Task prompt:
Your response should be every line from the entries that includes the string "ends".

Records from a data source

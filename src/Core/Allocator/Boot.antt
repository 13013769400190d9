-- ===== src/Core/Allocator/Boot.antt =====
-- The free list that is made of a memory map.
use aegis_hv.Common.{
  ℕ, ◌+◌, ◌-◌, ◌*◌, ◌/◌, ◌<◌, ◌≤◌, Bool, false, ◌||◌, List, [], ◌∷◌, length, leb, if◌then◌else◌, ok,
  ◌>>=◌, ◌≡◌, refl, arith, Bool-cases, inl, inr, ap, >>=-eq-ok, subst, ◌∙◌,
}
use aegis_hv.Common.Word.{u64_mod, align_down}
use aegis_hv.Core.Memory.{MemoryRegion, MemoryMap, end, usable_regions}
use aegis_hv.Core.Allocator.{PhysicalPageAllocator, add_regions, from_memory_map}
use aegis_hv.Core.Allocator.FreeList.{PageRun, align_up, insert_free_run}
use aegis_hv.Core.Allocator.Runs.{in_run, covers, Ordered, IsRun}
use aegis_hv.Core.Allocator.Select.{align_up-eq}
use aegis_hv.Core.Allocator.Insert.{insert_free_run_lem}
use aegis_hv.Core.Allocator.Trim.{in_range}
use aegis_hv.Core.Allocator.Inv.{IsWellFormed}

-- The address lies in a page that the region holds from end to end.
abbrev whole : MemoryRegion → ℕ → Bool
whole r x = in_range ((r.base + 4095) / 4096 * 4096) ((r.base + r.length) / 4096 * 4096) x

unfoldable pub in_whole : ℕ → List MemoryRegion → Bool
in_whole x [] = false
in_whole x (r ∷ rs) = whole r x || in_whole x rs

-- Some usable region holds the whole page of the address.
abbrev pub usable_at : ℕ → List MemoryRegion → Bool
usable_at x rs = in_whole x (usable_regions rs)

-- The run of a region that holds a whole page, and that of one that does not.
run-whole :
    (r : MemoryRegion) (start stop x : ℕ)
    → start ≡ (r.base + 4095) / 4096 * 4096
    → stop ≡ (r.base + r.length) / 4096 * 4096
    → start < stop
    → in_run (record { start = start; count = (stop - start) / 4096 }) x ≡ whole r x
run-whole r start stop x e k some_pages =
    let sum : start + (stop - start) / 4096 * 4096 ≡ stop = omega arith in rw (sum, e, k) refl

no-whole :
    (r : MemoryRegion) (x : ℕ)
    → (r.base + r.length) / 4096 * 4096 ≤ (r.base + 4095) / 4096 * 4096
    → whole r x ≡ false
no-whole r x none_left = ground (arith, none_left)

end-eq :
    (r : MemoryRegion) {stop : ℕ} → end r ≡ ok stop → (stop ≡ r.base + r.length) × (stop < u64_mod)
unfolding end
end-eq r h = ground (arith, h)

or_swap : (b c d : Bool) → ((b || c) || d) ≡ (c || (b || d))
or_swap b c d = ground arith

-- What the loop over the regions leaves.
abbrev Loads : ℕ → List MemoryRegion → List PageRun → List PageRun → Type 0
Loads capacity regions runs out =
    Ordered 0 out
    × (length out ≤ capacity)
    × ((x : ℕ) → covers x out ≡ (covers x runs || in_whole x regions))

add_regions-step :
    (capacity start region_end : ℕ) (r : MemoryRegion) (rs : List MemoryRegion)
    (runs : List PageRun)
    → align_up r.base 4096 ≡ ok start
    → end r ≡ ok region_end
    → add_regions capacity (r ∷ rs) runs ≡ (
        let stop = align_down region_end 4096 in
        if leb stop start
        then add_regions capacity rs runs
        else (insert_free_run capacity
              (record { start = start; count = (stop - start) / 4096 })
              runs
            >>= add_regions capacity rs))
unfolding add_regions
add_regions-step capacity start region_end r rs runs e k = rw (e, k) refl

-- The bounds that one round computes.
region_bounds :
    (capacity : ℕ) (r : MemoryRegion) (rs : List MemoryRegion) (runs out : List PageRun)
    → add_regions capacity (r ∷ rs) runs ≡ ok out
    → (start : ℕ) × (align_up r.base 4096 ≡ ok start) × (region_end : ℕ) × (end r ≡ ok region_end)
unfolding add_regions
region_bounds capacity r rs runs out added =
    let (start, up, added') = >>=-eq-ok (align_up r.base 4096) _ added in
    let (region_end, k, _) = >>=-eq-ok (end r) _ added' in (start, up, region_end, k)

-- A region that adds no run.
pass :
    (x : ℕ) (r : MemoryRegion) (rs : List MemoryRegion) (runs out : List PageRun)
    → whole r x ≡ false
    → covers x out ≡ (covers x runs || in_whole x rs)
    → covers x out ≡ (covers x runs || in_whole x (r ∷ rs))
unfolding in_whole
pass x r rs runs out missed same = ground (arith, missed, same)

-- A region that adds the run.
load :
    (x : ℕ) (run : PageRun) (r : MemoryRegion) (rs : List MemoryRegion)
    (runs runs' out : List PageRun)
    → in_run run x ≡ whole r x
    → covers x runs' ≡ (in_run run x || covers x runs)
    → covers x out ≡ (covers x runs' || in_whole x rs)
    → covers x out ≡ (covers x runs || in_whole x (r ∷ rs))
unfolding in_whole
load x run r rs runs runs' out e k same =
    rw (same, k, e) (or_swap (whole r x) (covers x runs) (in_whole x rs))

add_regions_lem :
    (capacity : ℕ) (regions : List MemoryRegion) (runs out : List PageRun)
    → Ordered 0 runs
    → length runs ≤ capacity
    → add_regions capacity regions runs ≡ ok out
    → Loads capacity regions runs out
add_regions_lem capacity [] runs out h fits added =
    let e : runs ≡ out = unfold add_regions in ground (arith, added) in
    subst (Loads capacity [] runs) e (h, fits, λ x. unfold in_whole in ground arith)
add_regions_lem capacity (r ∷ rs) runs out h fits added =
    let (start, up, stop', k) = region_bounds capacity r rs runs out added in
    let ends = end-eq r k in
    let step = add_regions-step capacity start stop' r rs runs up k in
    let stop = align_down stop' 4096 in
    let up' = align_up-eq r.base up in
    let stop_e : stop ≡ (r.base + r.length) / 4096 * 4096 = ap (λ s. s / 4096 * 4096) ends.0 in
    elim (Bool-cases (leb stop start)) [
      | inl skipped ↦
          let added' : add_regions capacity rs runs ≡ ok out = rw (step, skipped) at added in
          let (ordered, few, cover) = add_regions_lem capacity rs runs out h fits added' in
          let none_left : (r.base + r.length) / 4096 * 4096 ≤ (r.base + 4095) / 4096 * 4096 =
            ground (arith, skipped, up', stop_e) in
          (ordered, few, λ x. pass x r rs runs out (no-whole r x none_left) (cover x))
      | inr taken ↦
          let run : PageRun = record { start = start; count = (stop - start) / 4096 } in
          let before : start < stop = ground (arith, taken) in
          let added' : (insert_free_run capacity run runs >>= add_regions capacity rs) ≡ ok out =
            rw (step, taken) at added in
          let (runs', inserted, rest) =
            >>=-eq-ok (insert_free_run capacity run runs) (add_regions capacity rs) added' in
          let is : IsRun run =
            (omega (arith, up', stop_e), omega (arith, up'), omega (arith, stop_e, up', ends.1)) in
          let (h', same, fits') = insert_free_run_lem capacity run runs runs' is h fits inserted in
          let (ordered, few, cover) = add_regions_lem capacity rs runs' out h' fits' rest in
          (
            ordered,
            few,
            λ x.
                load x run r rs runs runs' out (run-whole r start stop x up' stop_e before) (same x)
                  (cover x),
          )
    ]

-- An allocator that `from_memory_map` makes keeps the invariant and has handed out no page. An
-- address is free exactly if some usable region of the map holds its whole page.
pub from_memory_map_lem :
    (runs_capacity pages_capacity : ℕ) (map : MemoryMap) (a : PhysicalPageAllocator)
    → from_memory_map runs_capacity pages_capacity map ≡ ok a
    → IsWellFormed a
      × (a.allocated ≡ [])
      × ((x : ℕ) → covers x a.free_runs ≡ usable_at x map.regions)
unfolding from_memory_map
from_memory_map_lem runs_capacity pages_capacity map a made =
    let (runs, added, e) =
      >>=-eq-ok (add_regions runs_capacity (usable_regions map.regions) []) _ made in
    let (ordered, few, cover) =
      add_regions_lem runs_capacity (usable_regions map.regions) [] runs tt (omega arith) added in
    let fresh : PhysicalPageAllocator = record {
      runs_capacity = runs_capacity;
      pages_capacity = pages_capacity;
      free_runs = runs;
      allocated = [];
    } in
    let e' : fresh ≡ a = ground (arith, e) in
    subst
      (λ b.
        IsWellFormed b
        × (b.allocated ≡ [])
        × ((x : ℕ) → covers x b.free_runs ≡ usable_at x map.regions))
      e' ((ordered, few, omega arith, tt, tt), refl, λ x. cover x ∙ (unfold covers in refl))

* * *

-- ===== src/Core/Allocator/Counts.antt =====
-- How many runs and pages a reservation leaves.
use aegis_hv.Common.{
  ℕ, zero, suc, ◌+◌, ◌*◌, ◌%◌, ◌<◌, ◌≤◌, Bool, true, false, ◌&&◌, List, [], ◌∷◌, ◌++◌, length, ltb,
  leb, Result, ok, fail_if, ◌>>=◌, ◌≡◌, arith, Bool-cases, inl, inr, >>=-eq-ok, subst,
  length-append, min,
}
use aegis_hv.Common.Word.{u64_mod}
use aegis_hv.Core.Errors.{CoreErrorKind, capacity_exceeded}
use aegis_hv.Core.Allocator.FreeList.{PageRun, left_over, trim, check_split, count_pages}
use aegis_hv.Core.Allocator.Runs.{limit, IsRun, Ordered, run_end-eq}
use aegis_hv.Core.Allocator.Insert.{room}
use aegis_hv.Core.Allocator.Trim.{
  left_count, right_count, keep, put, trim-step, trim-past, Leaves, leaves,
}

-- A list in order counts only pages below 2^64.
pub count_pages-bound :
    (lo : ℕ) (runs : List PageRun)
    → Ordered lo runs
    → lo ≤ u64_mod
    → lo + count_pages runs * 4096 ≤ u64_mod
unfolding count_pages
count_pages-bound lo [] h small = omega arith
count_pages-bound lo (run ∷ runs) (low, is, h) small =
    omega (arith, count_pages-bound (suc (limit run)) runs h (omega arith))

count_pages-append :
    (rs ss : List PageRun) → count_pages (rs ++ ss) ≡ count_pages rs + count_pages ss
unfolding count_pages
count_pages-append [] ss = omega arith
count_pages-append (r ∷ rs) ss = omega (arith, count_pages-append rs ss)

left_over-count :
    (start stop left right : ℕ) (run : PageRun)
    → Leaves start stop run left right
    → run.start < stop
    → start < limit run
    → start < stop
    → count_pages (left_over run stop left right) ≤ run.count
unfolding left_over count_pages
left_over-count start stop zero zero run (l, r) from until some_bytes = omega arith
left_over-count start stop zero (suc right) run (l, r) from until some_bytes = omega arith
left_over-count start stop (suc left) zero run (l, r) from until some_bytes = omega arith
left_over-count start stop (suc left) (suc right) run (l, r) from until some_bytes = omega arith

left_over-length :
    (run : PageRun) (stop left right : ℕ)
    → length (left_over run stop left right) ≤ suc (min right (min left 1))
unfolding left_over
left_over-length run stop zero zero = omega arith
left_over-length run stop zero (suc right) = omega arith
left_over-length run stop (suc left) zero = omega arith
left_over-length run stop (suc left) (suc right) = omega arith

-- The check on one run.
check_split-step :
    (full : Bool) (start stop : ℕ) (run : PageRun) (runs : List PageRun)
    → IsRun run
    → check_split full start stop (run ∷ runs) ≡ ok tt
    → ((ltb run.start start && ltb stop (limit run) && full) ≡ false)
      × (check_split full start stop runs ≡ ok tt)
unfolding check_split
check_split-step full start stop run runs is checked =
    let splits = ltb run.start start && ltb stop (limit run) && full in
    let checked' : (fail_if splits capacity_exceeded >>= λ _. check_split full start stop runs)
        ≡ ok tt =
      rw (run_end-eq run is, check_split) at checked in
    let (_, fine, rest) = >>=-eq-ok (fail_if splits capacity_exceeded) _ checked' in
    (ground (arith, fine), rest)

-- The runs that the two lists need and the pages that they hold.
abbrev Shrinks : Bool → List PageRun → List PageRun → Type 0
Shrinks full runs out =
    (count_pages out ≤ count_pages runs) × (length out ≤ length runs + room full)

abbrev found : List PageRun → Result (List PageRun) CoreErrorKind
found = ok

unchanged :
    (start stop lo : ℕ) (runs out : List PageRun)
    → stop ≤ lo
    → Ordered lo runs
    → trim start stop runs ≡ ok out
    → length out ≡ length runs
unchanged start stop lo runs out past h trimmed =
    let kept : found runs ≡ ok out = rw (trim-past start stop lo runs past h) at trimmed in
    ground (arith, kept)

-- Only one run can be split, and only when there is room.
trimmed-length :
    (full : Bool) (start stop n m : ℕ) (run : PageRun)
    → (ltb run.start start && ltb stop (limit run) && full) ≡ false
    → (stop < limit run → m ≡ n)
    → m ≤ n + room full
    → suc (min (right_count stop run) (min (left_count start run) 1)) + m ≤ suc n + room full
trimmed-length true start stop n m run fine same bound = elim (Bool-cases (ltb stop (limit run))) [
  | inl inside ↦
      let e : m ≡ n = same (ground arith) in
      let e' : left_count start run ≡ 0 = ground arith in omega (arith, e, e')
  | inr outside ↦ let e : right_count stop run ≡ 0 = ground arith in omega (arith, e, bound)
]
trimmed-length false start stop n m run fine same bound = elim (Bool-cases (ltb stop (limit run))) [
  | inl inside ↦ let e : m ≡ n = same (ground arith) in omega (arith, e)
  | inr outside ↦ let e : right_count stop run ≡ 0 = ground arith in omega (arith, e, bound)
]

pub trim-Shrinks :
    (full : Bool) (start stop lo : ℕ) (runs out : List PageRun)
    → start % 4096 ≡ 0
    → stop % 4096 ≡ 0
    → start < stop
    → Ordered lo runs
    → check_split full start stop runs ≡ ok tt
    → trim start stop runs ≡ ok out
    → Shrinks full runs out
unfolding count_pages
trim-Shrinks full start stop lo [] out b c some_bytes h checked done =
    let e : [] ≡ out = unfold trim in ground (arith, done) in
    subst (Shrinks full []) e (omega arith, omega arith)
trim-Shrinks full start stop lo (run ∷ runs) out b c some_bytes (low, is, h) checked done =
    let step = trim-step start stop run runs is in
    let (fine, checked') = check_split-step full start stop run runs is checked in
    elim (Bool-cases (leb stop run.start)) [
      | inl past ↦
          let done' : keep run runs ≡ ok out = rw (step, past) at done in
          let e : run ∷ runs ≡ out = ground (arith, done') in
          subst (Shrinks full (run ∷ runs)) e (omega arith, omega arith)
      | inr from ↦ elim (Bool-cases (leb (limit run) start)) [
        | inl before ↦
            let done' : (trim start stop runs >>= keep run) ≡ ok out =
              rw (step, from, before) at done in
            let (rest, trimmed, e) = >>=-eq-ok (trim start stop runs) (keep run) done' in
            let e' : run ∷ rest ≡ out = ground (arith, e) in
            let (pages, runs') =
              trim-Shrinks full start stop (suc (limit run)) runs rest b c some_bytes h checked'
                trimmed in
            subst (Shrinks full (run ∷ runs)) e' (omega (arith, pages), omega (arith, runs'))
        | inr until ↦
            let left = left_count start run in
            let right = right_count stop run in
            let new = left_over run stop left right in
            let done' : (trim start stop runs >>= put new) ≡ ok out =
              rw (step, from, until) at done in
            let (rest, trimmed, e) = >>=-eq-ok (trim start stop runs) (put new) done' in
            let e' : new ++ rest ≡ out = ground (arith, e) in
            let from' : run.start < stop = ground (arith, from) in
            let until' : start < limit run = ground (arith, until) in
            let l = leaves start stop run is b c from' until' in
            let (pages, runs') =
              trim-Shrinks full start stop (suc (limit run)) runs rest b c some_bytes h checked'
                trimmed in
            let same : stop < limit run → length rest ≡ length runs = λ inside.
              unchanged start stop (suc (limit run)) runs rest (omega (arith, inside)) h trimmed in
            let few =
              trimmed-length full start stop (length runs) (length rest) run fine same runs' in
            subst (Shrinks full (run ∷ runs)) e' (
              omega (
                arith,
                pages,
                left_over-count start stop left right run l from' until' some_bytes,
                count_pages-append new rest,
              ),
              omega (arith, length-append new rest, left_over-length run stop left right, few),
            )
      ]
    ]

...

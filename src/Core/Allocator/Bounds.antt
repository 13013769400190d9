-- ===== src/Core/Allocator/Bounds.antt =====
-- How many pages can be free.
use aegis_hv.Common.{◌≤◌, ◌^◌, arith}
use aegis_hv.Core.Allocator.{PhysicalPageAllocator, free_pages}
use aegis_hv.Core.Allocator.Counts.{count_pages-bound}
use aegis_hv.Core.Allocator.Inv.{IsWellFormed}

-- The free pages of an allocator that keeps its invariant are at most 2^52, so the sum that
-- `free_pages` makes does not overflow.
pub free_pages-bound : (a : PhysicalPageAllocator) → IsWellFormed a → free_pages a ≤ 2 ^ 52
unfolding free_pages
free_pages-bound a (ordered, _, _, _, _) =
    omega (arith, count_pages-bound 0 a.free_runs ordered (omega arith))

Answer below:
    let ends = end-eq r k in
    let stop_e : stop ≡ (r.base + r.length) / 4096 * 4096 = ap (λ s. s / 4096 * 4096) ends.0 in
            (omega (arith, up', stop_e), omega (arith, up'), omega (arith, stop_e, up', ends.1)) in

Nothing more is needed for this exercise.